Second, is the action barred by the statute of limitations? This is the important question before us. Its answer depends upon the date of the “accruing of the cause of action.” 10 Del. C. § 8106, above cited.
When Colorado made the first payment to Helmerich in 1949 under the Kansas minimum price regulation, its claim to recover, if any (argues Helmerich), arose at once; and in like manner it could have sued for the recovery of each subsequent payment as soon as it was made. Helmerich cites and relies upon Wise v. Delaware Steeplechase & Race Association, 28 Del. Ch. 161, 39 A. 2d 212, aff’d 28 Del. Ch. 532, 45 A. 2d 547, 165 A. L. R. 830. That case involved an erroneous interpretation of “breakage” as defined in the Delaware law regulating pari-mutuel betting at race-tracks. It does not control here, for it does not present any question of duress. In this case Colorado was faced with the choice of compliance or noncompliance with the Commission order. If it had chosen noncompliance, it would have run the risk of severe criminal penalties. Hence, it replies, it chose compliance, under duress or business compulsion. In such a case, it argues, any cause of action to recover the payments illegally received by Helmerich did not arise until the unconstitutionality of the Kansas orders had been established.
The court below upheld Colorado’s contention, and we think it was right. The common law rule that voluntary payments, though not legally due, are not recoverable, has in modem times been relaxed in cases of “business compulsion” or duress. See 75 A. L. R. 658. In such cases the pay*293ments are held to be involuntary. And it is also held that if such duress exists, the cause of action to recover such payments does not arise until the duress ceases. See 121 A. L. R. 1294.
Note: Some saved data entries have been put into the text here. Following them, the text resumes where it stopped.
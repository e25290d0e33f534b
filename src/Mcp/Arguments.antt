-- ===== src/Mcp/Arguments.antt =====
-- The structs that internal/mcp/server.go decodes, the surroundings of a request, and the state that a
-- request changes.
use yet_another_memory_bank.Common.{ℕ, String, Bool, Option, List, Error, or_text}
use yet_another_memory_bank.Common.Action.{Action}
use yet_another_memory_bank.Common.Int.{ℤ}
use yet_another_memory_bank.Floats.{Float64}
use yet_another_memory_bank.Codec.{Codec}
use yet_another_memory_bank.Embed.Breaker.{CircuitBreaker}
use yet_another_memory_bank.Search.Vectors.{Searcher}
use yet_another_memory_bank.Store.Reports.Timeline.{TimelineItem}
use yet_another_memory_bank.Store.Rows.{Db}

pub record RpcRequest : Type 0 where
  pub jsonrpc : String
  pub id : List ℕ
  pub method : String
  pub params : List ℕ

pub record ToolCallParams : Type 0 where
  pub name : String
  pub arguments : List ℕ

-- The arguments of the tools; several tools share a struct.
pub record RecallArgs : Type 0 where
  pub query : String
  pub project : String
  pub limit : ℤ

pub record SaveArgs : Type 0 where
  pub text : String
  pub tier : String
  pub project : String
  pub importance : Float64
  pub session_id : String

pub record ProjectArgs : Type 0 where
  pub project : String
  pub limit : ℤ

pub record SessionArgs : Type 0 where
  pub session_id : String
  pub limit : ℤ

pub record ForgetArgs : Type 0 where
  pub query : String
  pub project : String
  pub dry_run : Bool
  pub ids : List ℕ
  pub confirm : Bool
  pub limit : ℤ

pub record SummaryArgs : Type 0 where
  pub session_id : String
  pub summary : String

pub record SupersedeArgs : Type 0 where
  pub old_id : ℕ
  pub new_id : ℕ

pub record UpdateArgs : Type 0 where
  pub id : ℕ
  pub text : Option String
  pub tier : Option String
  pub importance : Option Float64

pub record TimelineArgs : Type 0 where
  pub project : String
  pub session_id : String
  pub limit : ℤ

pub record FilesArgs : Type 0 where
  pub project : String
  pub files : List String
  pub limit : ℤ

pub record ExportArgs : Type 0 where
  pub project : String
  pub limit : ℤ
  pub format : String

pub record AuditArgs : Type 0 where
  pub memory_id : ℕ
  pub limit : ℤ

-- A prompt's name, and the arguments "query" and "session_id", which are empty if they are no texts.
pub record PromptArgs : Type 0 where
  pub name : String
  pub query : String
  pub session_id : String

-- json.Unmarshal into each of the structs
pub record ArgumentJson : Type 0 where
  pub rpc : List ℕ → Option RpcRequest
  pub tool_call : List ℕ → Option ToolCallParams
  pub uri : List ℕ → Option String
  pub prompt : List ℕ → Option PromptArgs
  pub recall : List ℕ → Option RecallArgs
  pub save : List ℕ → Option SaveArgs
  pub by_project : List ℕ → Option ProjectArgs
  pub by_session : List ℕ → Option SessionArgs
  pub forget : List ℕ → Option ForgetArgs
  pub profile : List ℕ → Option String
  pub summary : List ℕ → Option SummaryArgs
  pub supersede : List ℕ → Option SupersedeArgs
  pub update : List ℕ → Option UpdateArgs
  pub timeline : List ℕ → Option TimelineArgs
  pub files : List ℕ → Option FilesArgs
  pub export : List ℕ → Option ExportArgs
  pub audit : List ℕ → Option AuditArgs
  pub verify : List ℕ → Option ℕ

-- The server's options with what it uses from outside, for one request, which asks the embedder at most
-- once: `now k` is what the call number `k` of `now` returns, `breaker_now` the time at which the circuit
-- breaker is asked, `message` the text of an error, `quoted` the verb %q, `unstable` the order in which
-- `sort.Slice` leaves equal items, `range` the order in which Go ranges over a map.
pub record Env : Type 0 where
  pub codec : Codec
  pub json : ArgumentJson
  pub searcher : Searcher
  pub default_project : String
  pub now : ℕ → ℤ
  pub breaker_now : ℤ
  pub message : Error → String
  pub quoted : String → String
  pub unstable : List TimelineItem → List TimelineItem
  pub range : List String → List String

-- What the requests change: the store, and the circuit breaker, if there is one.
pub record World : Type 0 where
  pub db : Db
  pub breaker : Option CircuitBreaker

-- an action on the store
unfoldable pub on_db : {A : Type 0} → Action Db A → Action World A
on_db m w = ((m w.db).0, record w { db = (m w.db).1 })

-- `project`
unfoldable pub project : Env → String → String
project env value = or_text value env.default_project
The reversal of the Federal Power Commission’s interpretation of the Natural Gas Act, and the payment for natural gas at rates specified by state regulations in excess of contract prices, have resulted, as is natural, in a large number of suits by pipeline companies seeking reimbursement from producers. All, or nearly all, of these suits have been successful. The courts have taken the view that the payments were involuntary, and that the cause of action to recover them did not accrue until the final determination of the invalidity of the State Commissions’ price orders. See Natural Gas Pipeline Co. v. Harrington, D. C. Tex., 139 F. Supp. 452, aff’d 246 F. 915; Cities Service Gas Co. v. United Producing Co. (U. S. D. Ct. N. D. Okla.) C. A. #4554 (unreported) ; Northern Natural Gas Co. v. London, (U. S. D. C. Kans. Sept. 7, 1961) No. T-2166 (unreported).
The result appears to be in accord with the principles of equitable restitution, which we think should be applied here. The retention by Helmerich of the excess payments made under the Kansas order would be clearly unjust. Restatement, § 1.
In remanding the case to the Superior Court for trial we note that the issue of duress has not been decided. If Colorado fails to prove it, its case must fail; if it does prove it to the satisfaction of the court (or the jury, if the issue goes to the jury), its claim is not barred by the statute of limitations.
The order of the Superior Court is affirmed.